Под утро Белинда задремала. Сна она не помнила, но проснулась от того, что ее толкнули в плечо. Невысокий, похожий на скелет конголезец протянул ей кусок лепешки, обернутой каким-то листом, и горсть арахиса.
На экваторе светает поздно и стремительно. Виной всему деревья, через кроны которых почти не видно неба. Но едва стало возможным различать все, что творится в паре шагов, они снова двинули в путь. За весь день делали только небольшие остановки, на двух из которых Белинде снова дали немного хлеба со странным, травяным привкусом, и все.
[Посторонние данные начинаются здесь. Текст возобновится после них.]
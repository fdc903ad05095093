-- ===== src/Api/Concurrent/Everywhere.antt =====
-- Properties of the database in every state of the server with all its requests at once.
use dataveda_nifty_agent.Prelude.{ℕ, All, All_at, All-replace}
use dataveda_nifty_agent.Runtime.{Runtime}
use dataveda_nifty_agent.Models.Signal.{TradingViewSignal}
use dataveda_nifty_agent.Storage.Models.{Tenant, Db}
use dataveda_nifty_agent.Storage.Action.Keeps.{Keeps}
use dataveda_nifty_agent.Router.{reserve}
use dataveda_nifty_agent.Router.Keeping.{IsKept}
use dataveda_nifty_agent.Router.Tasks.Keeping.{advance-keeps}
use dataveda_nifty_agent.Api.Auth.{Settings}
use dataveda_nifty_agent.Api.Concurrent.{Call}
use dataveda_nifty_agent.Api.Concurrent.Keeping.{Writes, Spares, proceed-keeps}
use dataveda_nifty_agent.Api.Concurrent.World.{
  Rules, Pending, World, Step, come, handle, route, Reach, here, next,
}

-- A property that every write of the server keeps, an UPDATE of an account where it is spared.
pub record Everywhere (rt : Runtime) (P : Db → Type 0) (Spared : Tenant → Tenant → Type 0)
    : Type 0 where
  pub accounts : Writes rt P Spared
  pub by_reserve :
      (tenant : Tenant) (signal : TradingViewSignal) (now : ℕ)
      → Keeps P (reserve rt now tenant signal)
  pub kept : IsKept rt P

module _ (rt : Runtime) (settings : Settings) (P : Db → Type 0) (Spared : Tenant → Tenant → Type 0)
    (e : Everywhere rt P Spared) (rules : Rules)
    (spares : (call : Call) → rules.calls call → Spares Spared rt settings call) where
  -- The database has the property, and the requests under way are allowed.
  pub record Holds (w : World) : Type 0 where
    pub stored : P w.system.db
    pub allowed : All (λ p. rules.calls p.call) w.pending

  Step-Holds : {w x : World} → Step rt settings rules w x → Holds w → Holds x
  Step-Holds (come w call allowed) h = record { stored = h.stored; allowed = (allowed, h.allowed) }
  Step-Holds (handle before p after now σ timely) h =
      let here_allowed : rules.calls p.call =
        All_at (λ (q : Pending). rules.calls q.call) before p after h.allowed in
      record {
        stored =
            proceed-keeps rt settings P Spared (e.accounts) p.call now p.progress σ.db
              (spares p.call here_allowed) (h.stored);
        allowed =
            All-replace (λ (q : Pending). rules.calls q.call) before p _ after here_allowed
              (h.allowed);
      }
  Step-Holds (route pending db before task after sent i timely) h = record {
    stored =
        advance-keeps rt task.tenant task.signal P (e.kept) (e.by_reserve task.tenant task.signal) i
          task.stage db (h.stored);
    allowed = h.allowed;
  }

  pub everywhere : {w x : World} → Reach rt settings rules w x → Holds w → Holds x
  everywhere here h = h
  everywhere (next r step) h = Step-Holds step (everywhere r h)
К исходу дня начались проблемы с ногами. В ботинки словно налили раскаленный свинец. Белинда знала: стоит сейчас конголезцам устроить большой привал, и после него она не сделает и шага.
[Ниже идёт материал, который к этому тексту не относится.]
-- ===== src/Router/Tasks/Once.antt =====
-- Counting the orders of one signal over interleaved calls of app/services/order_router.py.
use dataveda_nifty_agent.Prelude.{
  ℕ, ◌+◌, ◌≤◌, String, ◌≡◌, ◌&&◌, List, [], ◌∷◌, ◌++◌, arith, any-append, str_eq, eq_iff,
  Bool-cases, inl, inr, if◌then◌else◌, ◌+s◌,
}
use dataveda_nifty_agent.Runtime.{Runtime}
use dataveda_nifty_agent.Models.Signal.{TradingViewSignal, action_value}
use dataveda_nifty_agent.Models.Order.{OrderRequest, OrderResult, side_value, status_value}
use dataveda_nifty_agent.Storage.Models.{Tenant, TradeLog, Db}
use dataveda_nifty_agent.Storage.Trades.Rows.{
  has_row, has_key, try_reserve_taken, try_reserve_free, has_row-log_trade, has_row-finalize,
}
use dataveda_nifty_agent.Storage.Trades.{received_row}
use dataveda_nifty_agent.Router.{reserve, log_result, finish, reject}
use dataveda_nifty_agent.Router.Tasks.{
  Stage, starting, reserved, refusing, placing, answered, recorded, Task, Inputs, advance, System,
  sent_by, Step, arrive, run, outside, Reach, here, next, idle,
}

-- The reservations that may still send an order.
abbrev stage_claim : Stage → ℕ
stage_claim (reserved r) = 1
stage_claim (placing r order) = 1
stage_claim _ = 0

module _ (t s : String) where
  abbrev claim : Task → ℕ
  claim task =
      if str_eq t task.tenant.id && str_eq s task.signal.signal_id
      then stage_claim task.stage
      else 0

  abbrev claims : List Task → ℕ
  claims [] = 0
  claims (task ∷ tasks) = claim task + claims tasks

  -- How many orders of this tenant and signal went to the broker.
  abbrev pub sends : List (String × String) → ℕ
  sends [] = 0
  sends ((t', s') ∷ rest) = (if str_eq t t' && str_eq s s' then 1 else 0) + sends rest

  abbrev room : Db → ℕ
  room db = if has_row t s db.trades then 1 else 0

  has_row-eq :
      (t' s' : String) (rs : List TradeLog) → t ≡ t' → s ≡ s' → has_row t s rs ≡ has_row t' s' rs
  has_row-eq t' s' rs p q = rw (p, q)

  claims-append :
      (before after : List Task) → claims (before ++ after) ≡ claims before + claims after
  claims-append [] after = omega arith
  claims-append (task ∷ before) after = omega (arith, claims-append before after)

  sends-append : (a b : List (String × String)) → sends (a ++ b) ≡ sends a + sends b
  sends-append [] b = omega arith
  sends-append (x ∷ a) b = omega (arith, sends-append a b)

  module _ (rt : Runtime) (i : Inputs) (tenant : Tenant) (signal : TradingViewSignal)
      (db : Db) where
    abbrev task_at : Stage → Task
    task_at stage = record { tenant = tenant; signal = signal; stage = stage }

    abbrev after : Stage → Stage × Db
    after stage = advance rt tenant signal i stage db

    -- A step uses up the claim that it acts on, and a new claim comes with a new row.
    abbrev Balanced : Stage → Type 0
    Balanced stage =
        claim (task_at (after stage).0) + sends (sent_by (task_at stage)) + room db
        ≤ claim (task_at stage) + room (after stage).1

    abbrev new_row : TradeLog
    new_row =
        record (received_row i.now tenant.id signal.signal_id signal.strategy signal.symbol
          (action_value signal.action) signal.quantity) { id = db.next_id }

    start-Balanced : Balanced starting
    unfolding advance reserve
    start-Balanced = elim (Bool-cases (has_row tenant.id signal.signal_id db.trades)) [
      | inl taken ↦
          rw
            (try_reserve_taken i.now tenant.id signal.signal_id signal.strategy signal.symbol
              (action_value signal.action) signal.quantity db taken)
            (omega arith)
      | inr free ↦
          rw
            (try_reserve_free i.now tenant.id signal.signal_id signal.strategy signal.symbol
              (action_value signal.action) signal.quantity db free)
            (ground (
              arith,
              any-append (has_key t s) db.trades (new_row ∷ []),
              eq_iff t tenant.id,
              eq_iff s signal.signal_id,
              has_row-eq tenant.id signal.signal_id db.trades,
            ))
    ]

    reject-Balanced : (r : TradeLog) (l m : String) → Balanced (refusing r l m)
    unfolding advance reject
    reject-Balanced r l m = ground (arith, has_row-finalize t s r "rejected" l db)

    log-Balanced :
        (r : TradeLog) (order : OrderRequest) (result : OrderResult)
        → Balanced (answered r order result)
    unfolding advance log_result
    log-Balanced r order result = ground (
      arith,
      has_row-log_trade i.now tenant.id (signal.signal_id +s ":mt5") signal.strategy signal.symbol
          (action_value signal.action) order.quantity db rt t s (side_value order.side)
          (status_value result.status) result.message result.broker_order_id,
    )

    finish-Balanced : (r : TradeLog) (result : OrderResult) → Balanced (recorded r result)
    unfolding advance finish
    finish-Balanced r result = ground (
      arith,
      has_row-finalize t s r "dispatched" ("Routed to MT5: " +s status_value result.status) db,
    )

    advance-Balanced : (stage : Stage) → Balanced stage
    unfolding advance
    advance-Balanced starting = start-Balanced
    advance-Balanced (refusing r l m) = reject-Balanced r l m
    advance-Balanced (answered r order result) = log-Balanced r order result
    advance-Balanced (recorded r result) = finish-Balanced r result
    advance-Balanced (reserved r) = ground arith
    advance-Balanced _ = ground arith

-- The orders sent, the claims to send one and the row at the start are covered by the row now.
abbrev IsCovered : ℕ → String → String → System → Type 0
IsCovered k t s σ = claims t s σ.tasks + sends t s σ.sent + k ≤ room t s σ.db

Step-IsCovered :
    {rt : Runtime} {σ τ : System} (k : ℕ) (t s : String)
    → Step rt σ τ
    → IsCovered k t s σ
    → IsCovered k t s τ
Step-IsCovered k t s (arrive σ tenant signal) h = ground arith
Step-IsCovered {rt} k t s (run db before task after sent i) h = omega (
  arith,
  claims-append t s before (task ∷ after),
  claims-append t s before
      (record task { stage = (advance rt task.tenant task.signal i task.stage db).0 } ∷ after),
  sends-append t s (sent_by task) sent,
  advance-Balanced t s rt i task.tenant task.signal db task.stage,
)
Step-IsCovered k t s (outside σ tenants) h = h

Reach-IsCovered :
    {rt : Runtime} {σ τ : System} (k : ℕ) (t s : String)
    → IsCovered k t s σ
    → Reach rt σ τ
    → IsCovered k t s τ
Reach-IsCovered k t s h here = h
Reach-IsCovered k t s h (next r step) = Step-IsCovered k t s step (Reach-IsCovered k t s h r)

-- From any database with no call under way, through any interleaving of the steps of any calls of
-- process_signal and of writes to the tenants' table, at most one order of a tenant's signal id
-- goes to the broker, and none if the log had a row of it at the start.
pub at_most_once :
    (rt : Runtime) (db : Db) (σ : System) (t s : String)
    → Reach rt (idle db) σ
    → sends t s σ.sent + (if has_row t s db.trades then 1 else 0) ≤ 1
at_most_once rt db σ t s r =
    let covered : IsCovered (room t s db) t s σ =
      Reach-IsCovered (room t s db) t s (omega arith) r in
    ground arith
Неожиданно деревья расступились, и они вышли на край поля. Росшие рядками непонятные, похожие на картошку растения утопали в разного рода сорняке. Пройдя по его кромке, группа оказалась на проселочной дороге. Как ни странно, но идти стало тяжелее. Грунт здесь был твердый, из земли, словно гигантские вены, выпирали корни деревьев. Каждый шаг Белинде давался с трудом. Она словно шла по раскаленной сковороде. Быстро смеркалось. Конголезцы стали о чем-то оживленно переговариваться. Она поняла, что, по крайней мере на сегодня, путешествие подходит к концу. Сверху раздался шорох, будто с ветки на ветку перевалилось что-то тяжелое. Все задрали головы вверх. Она – тоже. Стайка грязно-коричневых обезьян, проворно перебирая конечностями, уходила в глубь леса. Неожиданно Белинда споткнулась и упала.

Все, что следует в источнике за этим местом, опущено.